Slowly, go is getting into more and more places. This is yet another nice replacement. It is probably going to be way faster than the Ruby implementation in the long run.
Mh, if I understand correctly the messaging system being tested is https://github.com/derekcollison/nats and it is not written in Go but in Ruby (+EventMachine). Or is there a Go version of NATS?
Also, this is only testing the time it takes the go client to write the messages to the socket, not the time the server takes to process the messages. So the benchmark would be the same with a noop server that reads and discards all incoming traffic. Am I wrong?
I am not the author of the gist but quoting from it: "our work on a high performance NATS server in Go." Furthermore, the tests he shows are run using Go's testing tool (which tests go code). Finally, he discusses "no use of defer" a Go language feature not in Ruby. So yes I believe it is an implementation in Go.
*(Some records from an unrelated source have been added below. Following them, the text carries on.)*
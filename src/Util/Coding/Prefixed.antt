-- ===== src/Util/Coding/Prefixed.antt =====
-- Length-prefixed slices of util/coding.cpp.
use level_db.Common.{
  ℕ, ◌+◌, ◌%◌, ◌^◌, ◌<◌, ◌≤◌, List, [], ◌++◌, length, some, ◌≡◌, arith, append_assoc, length-append,
  take-append_length, drop-append_length, le→leb, length-drop, Option-cases, leb, take, drop,
  take-append-drop, if◌then◌else◌, none, Option, ap, ◌∙◌, sym, refl, inl, inr, length-take_le, All,
}
use level_db.Util.Coding.Fixed.{IsByte}
use level_db.Util.Coding.Varint.{get_varint32-put_varint32}
use level_db.Util.Coding.Decoded.{get_varint32_shorter, get_varint32_takes}
use level_db.Util.Coding.{
  encode_varint32, get_varint32, put_length_prefixed_slice, get_length_prefixed_slice,
}

length_kept : (value : List ℕ) → length value < 2 ^ 32 → length value % 2 ^ 32 ≡ length value
length_kept value h = omega arith

-- For a slice shorter than 2^32, GetLengthPrefixedSlice reads back what PutLengthPrefixedSlice
-- appended and leaves what follows it.
pub get_length_prefixed_slice-put :
    (value rest : List ℕ)
    → length value < 2 ^ 32
    → get_length_prefixed_slice (put_length_prefixed_slice [] value ++ rest) ≡ some (value, rest)
unfolding get_length_prefixed_slice put_length_prefixed_slice
get_length_prefixed_slice-put value rest h = rw (
  length_kept value h,
  append_assoc,
  get_varint32-put_varint32 (length value) (value ++ rest) h,
  le→leb (length value) (length (value ++ rest)) (omega (arith, length-append value rest)),
  take-append_length,
  drop-append_length,
)

guarded :
    (len : ℕ) (tail value rest : List ℕ)
    → (if◌then◌else◌ {A = Option (List ℕ × List ℕ)}
        (leb len (length tail))
        (some (take len tail, drop len tail))
        none)
      ≡ some (value, rest)
    → (length value ≡ len) × (value ++ rest ≡ tail)
guarded len tail value rest e =
    ground (arith, e, length-take_le len tail, take-append-drop len tail)

-- On every input of bytes, a slice that GetLengthPrefixedSlice returns has exactly the length
-- that GetVarint32 reads in front, and it and the rest together are what GetVarint32 leaves; it
-- is shorter than 2^32, and it and the rest together are 1 to 5 bytes shorter than the input.
pub get_length_prefixed_slice_takes :
    (input value rest : List ℕ)
    → All IsByte input
    → get_length_prefixed_slice input ≡ some (value, rest)
    → (get_varint32 input ≡ some (length value, value ++ rest))
      × (length value + length rest < length input)
      × (length input ≤ length value + length rest + 5)
      × (length value < 2 ^ 32)
unfolding get_length_prefixed_slice
get_length_prefixed_slice_takes input value rest h e = elim (Option-cases (get_varint32 input)) [
  | inl q ↦ absurd (ground (arith, q))
  | inr ((len, tail), q) ↦
      let read : Path (Option (List ℕ × List ℕ)) (get_length_prefixed_slice input)
          (if leb len (length tail) then some (take len tail, drop len tail) else none) =
        rw q refl in
      let (exact, whole) = guarded len tail value rest (sym read ∙ e) in
      let (shorter, near, bound) = get_varint32_takes input len tail h q in
      let total = length-append value rest in
      let same : length (value ++ rest) ≡ length tail = ap length whole in
      (q ∙ rw (exact, whole) refl, omega arith, omega arith, omega arith)
]

-- Appending writes the same bytes behind whatever stands there.
pub put_length_prefixed_slice-append :
    (dst value : List ℕ)
    → put_length_prefixed_slice dst value ≡ dst ++ put_length_prefixed_slice [] value
unfolding put_length_prefixed_slice
put_length_prefixed_slice-append dst value =
    append_assoc dst (encode_varint32 (length value % 2 ^ 32)) value

pub get_length_prefixed_slice_shorter :
    (input value rest : List ℕ)
    → get_length_prefixed_slice input ≡ some (value, rest)
    → length rest < length input
unfolding get_length_prefixed_slice
get_length_prefixed_slice_shorter input value rest e = elim (Option-cases (get_varint32 input)) [
  | inl q ↦ absurd (ground (arith, q))
  | inr ((len, tail), q) ↦
      ground (arith, q, get_varint32_shorter input len tail q, length-drop len tail)
]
The test is specific to a new NATS server written in GO (gnatsd). I described in more detail above the tests and what they do, but suffice it to say that it does test the message processing overhead of the server.
I'm curious to see if this is running with GOMAXPROCS above 1. I've seen the scheduler start to drag down reqs/sec with more than one thread in lightweight networking services like this.
It is not, but its on my TODO list, and I have also observed similar behavior at times. I have taken care to make sure the synchronization is efficient, but running the test is needed to get the real results.
NATS[1] is a relatively simple pub-sub protocol and broker created by Derek Collison. It's originally written in Ruby. It was created as the messaging layer of Cloud Foundry.
From the technical side - routing is done using regular expressions, the speed of internal routing is proportional to number of different subscriptions.
Additionally, NATS have some interesting specific features - for example: if I remember correctly messages for slow consumers are just dropped.
NATS was originally a monolithic server, but I see that some work on clustering had been done [2].
If it's something like 1 Gig, then it's the OS that should be commended for the miracle of throughput, not Go. Even VB would be able to pull numbers like these with aggressive buffering.
A more sensible metric would be to measure the throughput and the longest time in transit. If you get Go deliver 2 mil/sec with sub-ms delivery time, then we'll have something to talk about.